• _Assignment_: From the data, return each line holding the word "insert".

• _Records for this task_:
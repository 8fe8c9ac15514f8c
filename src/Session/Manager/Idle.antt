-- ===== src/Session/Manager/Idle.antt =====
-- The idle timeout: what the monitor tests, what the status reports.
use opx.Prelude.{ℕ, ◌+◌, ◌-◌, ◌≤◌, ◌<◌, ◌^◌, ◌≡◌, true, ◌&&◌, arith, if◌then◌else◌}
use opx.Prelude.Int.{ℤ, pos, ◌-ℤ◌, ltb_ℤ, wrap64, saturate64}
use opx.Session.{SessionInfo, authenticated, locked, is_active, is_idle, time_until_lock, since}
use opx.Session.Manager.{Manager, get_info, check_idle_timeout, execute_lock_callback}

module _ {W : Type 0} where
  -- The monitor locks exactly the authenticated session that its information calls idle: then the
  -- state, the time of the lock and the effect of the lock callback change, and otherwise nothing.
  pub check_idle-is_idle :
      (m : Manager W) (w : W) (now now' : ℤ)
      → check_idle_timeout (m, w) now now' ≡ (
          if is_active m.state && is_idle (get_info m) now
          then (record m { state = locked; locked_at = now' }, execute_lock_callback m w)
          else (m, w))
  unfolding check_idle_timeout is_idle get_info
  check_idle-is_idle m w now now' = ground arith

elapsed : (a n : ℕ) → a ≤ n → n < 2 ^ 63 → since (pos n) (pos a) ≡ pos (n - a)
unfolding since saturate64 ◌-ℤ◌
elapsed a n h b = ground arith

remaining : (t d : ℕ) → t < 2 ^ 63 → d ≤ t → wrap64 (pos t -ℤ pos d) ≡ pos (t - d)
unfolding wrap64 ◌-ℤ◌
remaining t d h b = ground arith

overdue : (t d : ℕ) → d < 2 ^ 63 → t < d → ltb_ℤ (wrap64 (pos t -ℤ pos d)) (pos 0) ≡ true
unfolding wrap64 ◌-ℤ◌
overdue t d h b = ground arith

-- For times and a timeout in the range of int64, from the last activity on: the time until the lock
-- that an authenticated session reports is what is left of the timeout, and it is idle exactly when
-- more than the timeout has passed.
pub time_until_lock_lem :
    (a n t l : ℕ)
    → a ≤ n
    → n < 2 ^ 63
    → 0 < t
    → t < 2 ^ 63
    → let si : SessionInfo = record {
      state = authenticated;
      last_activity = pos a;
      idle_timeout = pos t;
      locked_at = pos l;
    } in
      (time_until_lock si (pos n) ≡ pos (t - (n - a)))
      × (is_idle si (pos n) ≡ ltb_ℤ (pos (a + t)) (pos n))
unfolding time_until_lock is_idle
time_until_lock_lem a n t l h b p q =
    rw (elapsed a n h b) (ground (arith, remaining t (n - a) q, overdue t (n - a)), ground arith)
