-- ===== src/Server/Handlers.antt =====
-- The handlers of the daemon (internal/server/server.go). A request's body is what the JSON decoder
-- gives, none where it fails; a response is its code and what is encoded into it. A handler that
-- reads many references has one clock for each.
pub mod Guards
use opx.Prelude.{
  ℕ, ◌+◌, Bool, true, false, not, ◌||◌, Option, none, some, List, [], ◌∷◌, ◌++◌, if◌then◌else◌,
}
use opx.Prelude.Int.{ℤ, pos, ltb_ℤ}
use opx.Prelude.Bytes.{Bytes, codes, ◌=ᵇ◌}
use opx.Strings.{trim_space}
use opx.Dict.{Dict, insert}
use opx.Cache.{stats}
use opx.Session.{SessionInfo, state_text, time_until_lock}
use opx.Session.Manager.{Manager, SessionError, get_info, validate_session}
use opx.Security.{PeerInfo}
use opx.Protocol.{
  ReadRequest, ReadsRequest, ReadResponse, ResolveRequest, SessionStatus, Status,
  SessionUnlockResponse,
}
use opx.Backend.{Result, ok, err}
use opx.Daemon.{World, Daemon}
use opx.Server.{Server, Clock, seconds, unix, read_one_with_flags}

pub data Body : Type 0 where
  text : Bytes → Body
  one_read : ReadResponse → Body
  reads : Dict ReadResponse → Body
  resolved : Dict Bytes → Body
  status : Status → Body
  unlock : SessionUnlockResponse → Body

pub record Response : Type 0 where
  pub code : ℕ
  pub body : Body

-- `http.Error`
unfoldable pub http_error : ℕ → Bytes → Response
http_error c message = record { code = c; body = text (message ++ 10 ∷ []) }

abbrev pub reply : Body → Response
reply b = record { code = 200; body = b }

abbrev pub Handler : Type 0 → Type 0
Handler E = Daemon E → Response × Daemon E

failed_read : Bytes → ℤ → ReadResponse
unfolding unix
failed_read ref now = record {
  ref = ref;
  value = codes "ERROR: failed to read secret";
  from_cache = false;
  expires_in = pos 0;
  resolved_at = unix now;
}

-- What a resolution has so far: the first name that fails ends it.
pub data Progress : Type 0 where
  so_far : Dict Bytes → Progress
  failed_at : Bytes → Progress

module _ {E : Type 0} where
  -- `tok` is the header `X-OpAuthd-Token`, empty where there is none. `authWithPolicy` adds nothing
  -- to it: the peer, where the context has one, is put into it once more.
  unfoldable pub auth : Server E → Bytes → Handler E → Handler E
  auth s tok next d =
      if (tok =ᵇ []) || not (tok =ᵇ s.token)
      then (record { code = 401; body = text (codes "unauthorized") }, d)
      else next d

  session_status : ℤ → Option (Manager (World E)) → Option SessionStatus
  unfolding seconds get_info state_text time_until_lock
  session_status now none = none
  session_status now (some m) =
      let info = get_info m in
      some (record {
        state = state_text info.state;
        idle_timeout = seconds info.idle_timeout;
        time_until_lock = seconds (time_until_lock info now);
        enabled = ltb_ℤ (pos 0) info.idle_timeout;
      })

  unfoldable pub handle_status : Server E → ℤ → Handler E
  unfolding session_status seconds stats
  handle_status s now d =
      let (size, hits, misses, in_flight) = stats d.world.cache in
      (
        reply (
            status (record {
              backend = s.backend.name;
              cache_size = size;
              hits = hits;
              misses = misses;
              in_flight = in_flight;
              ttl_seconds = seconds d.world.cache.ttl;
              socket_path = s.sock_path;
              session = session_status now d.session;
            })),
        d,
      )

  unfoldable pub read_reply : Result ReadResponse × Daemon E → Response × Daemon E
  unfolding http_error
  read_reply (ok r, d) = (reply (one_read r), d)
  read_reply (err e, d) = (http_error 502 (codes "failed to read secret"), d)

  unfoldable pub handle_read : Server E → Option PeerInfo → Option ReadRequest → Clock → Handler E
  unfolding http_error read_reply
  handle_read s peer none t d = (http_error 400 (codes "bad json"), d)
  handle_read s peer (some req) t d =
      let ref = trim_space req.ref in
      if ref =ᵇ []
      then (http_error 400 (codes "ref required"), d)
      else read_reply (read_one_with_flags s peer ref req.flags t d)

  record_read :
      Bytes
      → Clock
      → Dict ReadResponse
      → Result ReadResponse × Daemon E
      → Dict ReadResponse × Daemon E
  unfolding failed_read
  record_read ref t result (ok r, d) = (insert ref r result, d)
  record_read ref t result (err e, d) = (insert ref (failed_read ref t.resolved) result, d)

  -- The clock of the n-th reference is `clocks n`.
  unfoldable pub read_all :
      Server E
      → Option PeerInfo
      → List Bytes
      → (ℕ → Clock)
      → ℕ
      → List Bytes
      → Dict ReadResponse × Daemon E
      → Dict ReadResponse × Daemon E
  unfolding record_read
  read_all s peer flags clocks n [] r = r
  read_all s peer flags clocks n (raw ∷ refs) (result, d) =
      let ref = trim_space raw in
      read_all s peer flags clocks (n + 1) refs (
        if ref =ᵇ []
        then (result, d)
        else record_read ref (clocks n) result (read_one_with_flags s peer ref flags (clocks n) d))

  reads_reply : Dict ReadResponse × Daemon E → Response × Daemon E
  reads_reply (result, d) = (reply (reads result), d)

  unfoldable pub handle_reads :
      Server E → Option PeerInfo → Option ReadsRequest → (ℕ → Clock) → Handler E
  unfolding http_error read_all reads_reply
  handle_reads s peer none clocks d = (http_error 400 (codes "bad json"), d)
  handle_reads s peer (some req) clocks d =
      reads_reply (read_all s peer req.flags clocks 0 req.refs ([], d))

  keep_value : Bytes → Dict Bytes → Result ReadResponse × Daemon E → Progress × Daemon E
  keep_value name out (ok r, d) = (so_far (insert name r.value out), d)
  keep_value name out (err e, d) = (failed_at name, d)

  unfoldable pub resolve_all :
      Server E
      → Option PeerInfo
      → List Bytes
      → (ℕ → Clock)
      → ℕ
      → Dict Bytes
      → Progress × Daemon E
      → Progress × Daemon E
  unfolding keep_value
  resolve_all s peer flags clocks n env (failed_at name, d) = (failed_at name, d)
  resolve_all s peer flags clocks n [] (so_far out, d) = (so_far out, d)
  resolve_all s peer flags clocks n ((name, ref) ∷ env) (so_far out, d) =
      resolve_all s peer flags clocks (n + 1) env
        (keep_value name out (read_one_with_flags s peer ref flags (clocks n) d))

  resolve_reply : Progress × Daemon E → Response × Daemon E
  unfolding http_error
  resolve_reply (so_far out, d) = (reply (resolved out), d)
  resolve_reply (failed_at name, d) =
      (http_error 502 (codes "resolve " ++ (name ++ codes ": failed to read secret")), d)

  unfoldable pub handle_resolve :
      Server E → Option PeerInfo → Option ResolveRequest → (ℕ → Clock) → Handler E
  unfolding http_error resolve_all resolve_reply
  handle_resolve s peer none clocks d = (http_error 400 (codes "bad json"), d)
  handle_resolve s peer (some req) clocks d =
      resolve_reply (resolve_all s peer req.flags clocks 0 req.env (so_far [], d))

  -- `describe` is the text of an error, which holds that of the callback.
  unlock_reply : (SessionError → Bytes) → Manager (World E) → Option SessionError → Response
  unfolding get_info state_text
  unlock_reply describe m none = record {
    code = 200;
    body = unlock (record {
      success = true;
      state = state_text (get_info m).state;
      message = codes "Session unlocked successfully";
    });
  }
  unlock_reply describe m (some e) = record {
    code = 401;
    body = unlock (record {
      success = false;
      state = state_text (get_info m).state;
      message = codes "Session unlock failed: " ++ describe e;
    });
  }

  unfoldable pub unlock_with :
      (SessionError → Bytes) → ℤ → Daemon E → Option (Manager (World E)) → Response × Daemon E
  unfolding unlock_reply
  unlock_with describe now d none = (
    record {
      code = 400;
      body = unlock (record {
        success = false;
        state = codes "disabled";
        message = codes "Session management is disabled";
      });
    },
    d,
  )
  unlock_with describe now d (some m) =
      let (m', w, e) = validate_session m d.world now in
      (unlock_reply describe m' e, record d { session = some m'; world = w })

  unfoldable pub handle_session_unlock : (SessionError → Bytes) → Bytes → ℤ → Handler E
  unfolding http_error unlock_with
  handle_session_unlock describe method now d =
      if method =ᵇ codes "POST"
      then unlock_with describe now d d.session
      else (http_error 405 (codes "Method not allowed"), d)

• _Solution to this problem_:
use opx.Dict.{Dict, insert}
  record_read ref t result (ok r, d) = (insert ref r result, d)
  record_read ref t result (err e, d) = (insert ref (failed_read ref t.resolved) result, d)
  keep_value name out (ok r, d) = (so_far (insert name r.value out), d)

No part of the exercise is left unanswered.